Jammeh with guards |
Some of these illegal voters have been lodged in the Social Security Corporation's housing scheme at Kanilai, the home village of the Gambian dictator that doubles as the administrative capital of the country.
Kanilai is an ideal location for Jammeh's guests because it is isolated and appropriately fortified with tight security measures to shield them from the preying eyes of the opposition. The state-controlled television, in a preemptive move, has made it known that there are guests from the Casamance to help Jammeh harvest his rice farms and not for any nefarious reasons.

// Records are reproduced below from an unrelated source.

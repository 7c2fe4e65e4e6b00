-- ===== src/Proxy/TrustState/Handlers.antt =====
-- apps/proxy/src/proxy-trust-state/handlers.ts, the pairs and the revocations: each handler takes the
-- clock, the body of the request, where `none` is no JSON, and the storage.
pub mod Pairing
pub mod Confirm
pub mod Scheduled
pub mod Tickets
pub mod Confirming
pub mod Answers
pub mod Created
pub mod Allowed
pub mod Paired
use clawdentity.Shared.{
  ℕ, ◌+◌, ◌*◌, String, Bool, true, false, not, ◌||◌, Option, none, some, ◌==◌, leb, ltb, nat_eq,
  length, ◌>>=◌, if◌then◌else◌,
}
use clawdentity.Shared.Dict.{get, set, delete}
use clawdentity.Shared.Text.{trim, is_empty}
use clawdentity.Shared.Json.{Value, member, non_empty_string, as_number}
use clawdentity.Proxy.Trust.Keys.{to_pair_key, normalize_expiry_to_whole_second}
use clawdentity.Proxy.Trust.Types.{
  Outcome, ok, failed, ProxyTrustStoreError, ticket_parse_error, PairingTicketInput,
  PairingTicketPayload, PairingTicketResult, PairingTicketConfirmResult, PairingTicketStatusResult,
  pending, confirmed, StoredTicket, ConfirmedTicket, revoked_agent_marker_ttl_ms,
}
use clawdentity.Proxy.Trust.Store.{has, add, peers_of, is_later}
use clawdentity.Proxy.Trust.Confirm.{is_past, is_for}
use clawdentity.Proxy.Trust.Tickets.{created}
use clawdentity.Proxy.TrustState.Utils.{Outside, add_peer, parse_peer_profile}
use clawdentity.Proxy.TrustState.Storage.{
  Storage, ExpirableTrustState, load_pairs, save_pairs, load_agent_peers, save_agent_peers,
  load_revoked_agents, max_safe_integer, prune_expired_revoked_agents, load_expirable_state,
  save_expirable_state_and_schedule, save_revoked_agents_and_schedule,
}

pub data Answer : Type 0 where
  ticket_created : PairingTicketResult → Answer
  ticket_confirmed : PairingTicketConfirmResult → Answer
  ticket_status : PairingTicketStatusResult → Answer
  done : Answer
  allowed : Bool → Answer
  revoked : Bool → Answer
  known : Bool → Answer

-- A JSON answer, an error with its code and status, or an error that the handler throws again.
pub data Response : Type 0 where
  json : Answer → Response
  error_response : String → ℕ → Response
  rethrown : ProxyTrustStoreError → Response

abbrev pub expired_response : Response
expired_response = error_response "PROXY_PAIR_TICKET_EXPIRED" 410

abbrev pub not_found_response : Response
not_found_response = error_response "PROXY_PAIR_TICKET_NOT_FOUND" 404

-- `body.nowMs`, or else the clock.
unfoldable pub now_of : ℕ → Option Value → ℕ
now_of clock body = elim (as_number (member body "nowMs")) [ none ↦ clock | some now ↦ now ]

-- The two agents that `upsertPair` and `isPairAllowed` are called with.
unfoldable pub read_pair : Option Value → Option (String × String)
read_pair body = do
  initiator ← non_empty_string (member body "initiatorAgentDid")
  responder ← non_empty_string (member body "responderAgentDid")
  some (initiator, responder)

unfoldable pub save_pair : String → String → Storage → Storage
save_pair initiator responder st =
    let st' = save_pairs (add (load_pairs st) (to_pair_key initiator responder)) st in
    save_agent_peers
      (add_peer (add_peer (load_agent_peers st') initiator responder) responder initiator) st'

unfoldable pub handle_upsert_pair : Option Value → Storage → Storage × Response
unfolding read_pair
handle_upsert_pair body st = elim (read_pair body) [
  | none ↦ (st, error_response "PROXY_PAIR_UPSERT_INVALID_BODY" 400)
  | some (initiator, responder) ↦ (save_pair initiator responder st, json done)
]

unfoldable pub handle_is_pair_allowed : Option Value → Storage → Storage × Response
unfolding read_pair
handle_is_pair_allowed body st = elim (read_pair body) [
  | none ↦ (st, error_response "PROXY_PAIR_CHECK_INVALID_BODY" 400)
  | some (initiator, responder) ↦ (
    st,
    json (
        allowed (
          if initiator == responder
          then true
          else has (load_pairs st) (to_pair_key initiator responder))),
  )
]

unfoldable pub handle_is_agent_known : Option Value → Storage → Storage × Response
unfolding peers_of
handle_is_agent_known body st = elim (non_empty_string (member body "agentDid")) [
  | none ↦ (st, error_response "PROXY_AGENT_KNOWN_INVALID_BODY" 400)
  | some did ↦ (st, json (known (ltb 0 (length (peers_of (get (load_agent_peers st) did))))))
]

-- A number that is undefined, or whole and positive.
unfoldable pub positive : ℕ → Option Value → Option ℕ
positive default none = some default
positive default (some v) = do n ← as_number (some v); if nat_eq n 0 then none else some n

module _ (outside : Outside) where
  unfoldable pub read_agent_did : Option Value → Option String
  read_agent_did body = do
    s ← non_empty_string (member body "agentDid")
    let did = trim s
    if outside.tickets.is_agent_did did then some did else none

  -- The agent, the time, and the end of the revocation.
  unfoldable pub read_revocation : ℕ → Option Value → Option (String × ℕ × ℕ)
  unfolding read_agent_did positive
  read_revocation clock body = do
    did ← read_agent_did body
    now ← positive clock (member body "nowMs")
    ttl ← positive revoked_agent_marker_ttl_ms (member body "ttlMs")
    if leb (now + ttl) max_safe_integer then some (did, now, now + ttl) else none

  unfoldable pub handle_mark_agent_revoked : ℕ → Option Value → Storage → Storage × Response
  unfolding read_revocation
  handle_mark_agent_revoked clock body st = elim (read_revocation clock body) [
    | none ↦ (st, error_response "PROXY_AGENT_REVOKE_INVALID_BODY" 400)
    | some (did, now, expires_at_ms) ↦
        let agents = (prune_expired_revoked_agents (load_revoked_agents st) now).0 in
        (save_revoked_agents_and_schedule outside (set agents did expires_at_ms) st, json done)
  ]

  unfoldable pub read_revoked_check : ℕ → Option Value → Option (String × ℕ)
  unfolding read_agent_did positive
  read_revoked_check clock body = do
    did ← read_agent_did body
    now ← positive clock (member body "nowMs")
    some (did, now)

  unfoldable pub handle_is_agent_revoked : ℕ → Option Value → Storage → Storage × Response
  unfolding read_revoked_check is_later
  handle_is_agent_revoked clock body st = elim (read_revoked_check clock body) [
    | none ↦ (st, error_response "PROXY_AGENT_REVOKED_CHECK_INVALID_BODY" 400)
    | some (did, now) ↦
        let (agents, pruned) = prune_expired_revoked_agents (load_revoked_agents st) now in
        (
          if pruned then save_revoked_agents_and_schedule outside agents st else st,
          json (revoked (is_later outside.tickets now (get agents did))),
        )
  ]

General Ousman Badgie the Chief of Defense Staff and General Bora Colley have been assigned to oversee the upkeep and daily activities of the Casamance voters leading up to election day when they will be driven to polling stations, preferable to those located in army camps, where they will be transported wearing army, police or other service uniforms to vote for Jammeh. All of these category of voters are of the same ethnic group as Jammeh, who, according to sources, are being told that the Mandinkas are doing everything within their power to vote Jammeh out.
Jammeh's vitriolic assault against the Mandinka ethnic group this week after calling for peaceful campaigning is designed to play to the tribal sentiments of the Jola, especially those in the Casamance, some of whom might be reluctant to venture into the internal politics of a foreign country.
Despite his threats to kill Mandinkas, Jammeh is quietly sending messages to Mandinka communities through Lamin Kaba Bajo, a Mandinka, who served in Jammeh's cabinet and the current President of the Gambia Football Federation, to convince them that he meant not a word of his threats to exterminate the ethnic group. Jammeh has been warned and admonish by the United Nations Special Adviser on Genocide about his continued incitement of a section of a population because of their ethnicity.
Jammeh's ruling party, the APRC, is losing support of both the Mandinka ethnic group as well as the Christian community. Jammeh's unilateral decision to transform a Secular into an Islamic Republic is losing him support among Christians who fear that if Jammeh wins re-election he will move rapidly to start putting the infrastructure for an Islamic Sate in place.
The Coalition of the seven opposition parties is courting the Christian vote as well as all other Gambians resulting in a massive shift of popular support from the ruling APRC to the Coalition with many Jammeh supporters quietly switching their allegiance to Adama Barrow, leader of the Coalition.